16 Since the third subparagraph of Article 17(5) of the Sixth Directive must thus be regarded as constituting a provision derogating from the first and second subparagraphs of Article 17(5), the Member States must, in the exercise of the powers conferred on them by that provision, respect the effectiveness of the first subparagraph of Article 17(5) of the Sixth Directive and the principles which underlie the common system of VAT, in particular those of fiscal neutrality and proportionality.
17 Therefore, to permit a Member State to adopt legislation, such as that described by the national court, which derogates generally from the rules established by the first and second subparagraphs of Article 17(5) and by Article 19(1) of the Sixth Directive would be contrary to the latter. Such legislation would call into question the objective of the Sixth Directive, set out in the 12th recital thereof, according to which calculation of the deductible proportion must be carried out in a similar manner in all Member States.
18 That interpretation is, moreover, in accordance with the purpose of the third subparagraph of Article 17(5) of the Sixth Directive, the provisions of which are suitable for application to given situations since they have the aim, in particular, by taking into account the specific characteristics of the taxable person’s activities, to permit Member States to achieve greater accuracy in calculating the deductible proportion (see, to that effect, Royal Bank of Scotland, paragraph 24).

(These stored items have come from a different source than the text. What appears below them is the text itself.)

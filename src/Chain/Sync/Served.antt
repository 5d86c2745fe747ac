-- ===== src/Chain/Sync/Served.antt =====
-- internal/blockchain/block.go, `RegisterBlockSync`: the proof that a node sends for a transaction.
use custom_consensus.Base.{
  All, take, false, suc, Result, ok, err, suc, ◌≡◌, true, none, some, List, map, get_elem?, Bytes,
  Text, hex_encode, hex_decode,
}
use custom_consensus.Base.Int.{pos}
use custom_consensus.Merkle.{verify_proof}
use custom_consensus.Chain.{Block, Chain}
use custom_consensus.Chain.Checks.{Libs}
use custom_consensus.Chain.Sync.{
  ProofError, tx_not_in_block, bad_txid, TxProof, equal_fold, index_of, decode_ids,
}

-- The answer to a request for a transaction's proof.
pub record Proved (l : Libs) (b : Block) (id : Text) (p : TxProof) : Type 0 where
  pub named : Text
  pub at_index : get_elem? b.tx_ids p.index ≡ some named
  pub same_id : equal_fold named id ≡ true
  pub first : All (λ k. equal_fold k id ≡ false) (take p.index b.tx_ids)
  pub leaf : Bytes
  pub leaf_of : hex_decode named ≡ some leaf
  pub proof : List Bytes
  pub sent : p.proof ≡ map hex_encode proof
  pub root_sent : p.tx_root ≡ hex_encode b.tx_root
  pub verifies : verify_proof l.sha256 leaf proof (pos p.index) b.tx_root ≡ true

-- What the answer may be.
abbrev pub Answer : Libs → Block → Text → Result ProofError TxProof → Type 0
Answer l b id (ok p) = Proved l b id p
Answer l b id (err tx_not_in_block) = index_of id b.tx_ids ≡ none
Answer l b id (err bad_txid) = decode_ids b.tx_ids ≡ none
Answer l b id (err _) = ⊥
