-- ===== src/Chain/Tip.antt =====
-- internal/blockchain/block.go, `acceptBlockLocked`: when the tip moves.
use custom_consensus.Base.{
  ◌≡◌, refl, ap, Bool, true, false, ◌&&◌, ◌||◌, inl, inr, ◌==◌, text_eq, arith, Bool-cases,
  if◌then◌else◌, is_empty,
}
use custom_consensus.Base.Int.{ℤ, pos, negsuc, ltb_ℤ, eqb_ℤ, eqb_ℤ_iff, inc64, max_int64, ◌<ℤ◌}
use custom_consensus.Chain.{Block, Chain, move_tip, advances}

next_above : (tip height : ℤ) → tip <ℤ pos max_int64 → height ≡ inc64 tip → tip <ℤ height
next_above (pos n) height h e = elim (Bool-cases (n == max_int64)) [
  | inl top ↦ absurd (ground arith)
  | inr below ↦ rw (rw below at e) (omega arith)
]
next_above (negsuc n) height h e = rw e (grind arith)

tests :
    (tip height : ℤ) (e s : Bool)
    → tip <ℤ pos max_int64
    → ((eqb_ℤ tip (pos 0) && (eqb_ℤ height (pos 1) && e))
        || ((eqb_ℤ height (inc64 tip) && s) || ltb_ℤ tip height))
      ≡ ltb_ℤ tip height
tests tip height e s h = elim (Bool-cases (ltb_ℤ tip height)) [
  | inl higher ↦ ground (arith, higher)
  | inr low ↦
      let not_next : eqb_ℤ height (inc64 tip) ≡ false =
        elim (Bool-cases (eqb_ℤ height (inc64 tip))) [
          | inr other ↦ other
          | inl same ↦
              let higher = next_above tip height h ((eqb_ℤ_iff height (inc64 tip)).0 same) in
              absurd (ground arith)
        ] in
      let not_first : (eqb_ℤ tip (pos 0) && (eqb_ℤ height (pos 1) && e)) ≡ false = ground arith in
      neither _ _ s _ not_first not_next
]
  where
    neither : (a b s c : Bool) → a ≡ false → b ≡ false → (a || ((b && s) || c)) ≡ c
    neither false false s c h k = refl
    neither true b s c h k = absurd (ground arith)
    neither false true s c h k = absurd (ground arith)

-- Below the largest height, the three conditions for moving the tip are one: the block is higher. So
-- the tip's height becomes the larger of the two, and a block of the same height leaves the tip.
pub move_tip_height :
    (c : Chain) (b : Block)
    → c.tip_height <ℤ pos max_int64
    → move_tip c b ≡ (
        if ltb_ℤ c.tip_height b.height
        then record c { tip_height = b.height; tip_hash = b.hash }
        else c)
unfolding move_tip advances
move_tip_height c b h =
    ap (λ t. if t then record c { tip_height = b.height; tip_hash = b.hash } else c)
      (tests c.tip_height b.height (is_empty b.prev_hash) (text_eq b.prev_hash c.tip_hash) h)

19 It follows that Article 17(5) of the Sixth Directive does not preclude a Member State, while complying with the principles underlying the common system of VAT, from giving precedence, for a given transaction, such as the construction of a mixed-use building, to one of the methods of calculating the deductible proportion provided for in the third subparagraph of that provision.
20 Concerning the rules for calculating the deductible proportion to be applied in that type of situation, it should be noted that, apart from those which must be used in case of application of Article 17(5)(d) of the Sixth Directive, which refers expressly to the calculation rule referred to in the first subparagraph of Article 17(5) of that directive, the rules laid down in Article 19(1) of the latter do not apply in so far as a given situation is subject to one of the other special regimes provided for in the third subparagraph of Article 17(5) of the directive (see, to that effect, Royal Bank of Scotland, paragraph 21).
21 As is quite clear from the wording of Articles 17(5) and 19(1) of the Sixth Directive, the latter provision refers only to the proportion deductible under the first subparagraph of Article 17(5) of the directive, and therefore lays down a detailed rule for calculating the proportion referred to in the first of those two provisions only (Royal Bank of Scotland, paragraph 22) and, by extension, for the deduction to be made pursuant to Article 17(5)(d) of the said directive.
22 In the absence of indications in the Sixth Directive, it is for the Member States to establish, within the limits of compliance with EU law and the principles on which the common system of VAT is based, methods and rules governing the calculation of the deductible proportion of input VAT. In exercising that power, the Member States are obliged to take account of the purpose and general system of that directive (see, to that effect, Case C-437/06 Securenta [2008] ECR I-1597, paragraphs 34 and 35).
23 In this case, it must be held that, having regard, first, to the purpose of the third subparagraph of Article 17(5) of the Sixth Directive, which, as has been recalled in paragraph 18 of this judgment, is designed to allow Member States to reach more precise results in calculating the deductible proportion, second, to the general system of Article 17(5) of that directive, and, third, to the principle of fiscal neutrality, on which the common system of VAT is based and of which the third subparagraph of Article 17(5) may be regarded as constituting an application, the Member States must ensure, when exercising the prerogatives recognised by that latter provision, that the calculation of the deductible proportion of input VAT is as precise as possible (see, by analogy, as regards determination of the proportion between economic and non-economic activities, Securenta, paragraph 37).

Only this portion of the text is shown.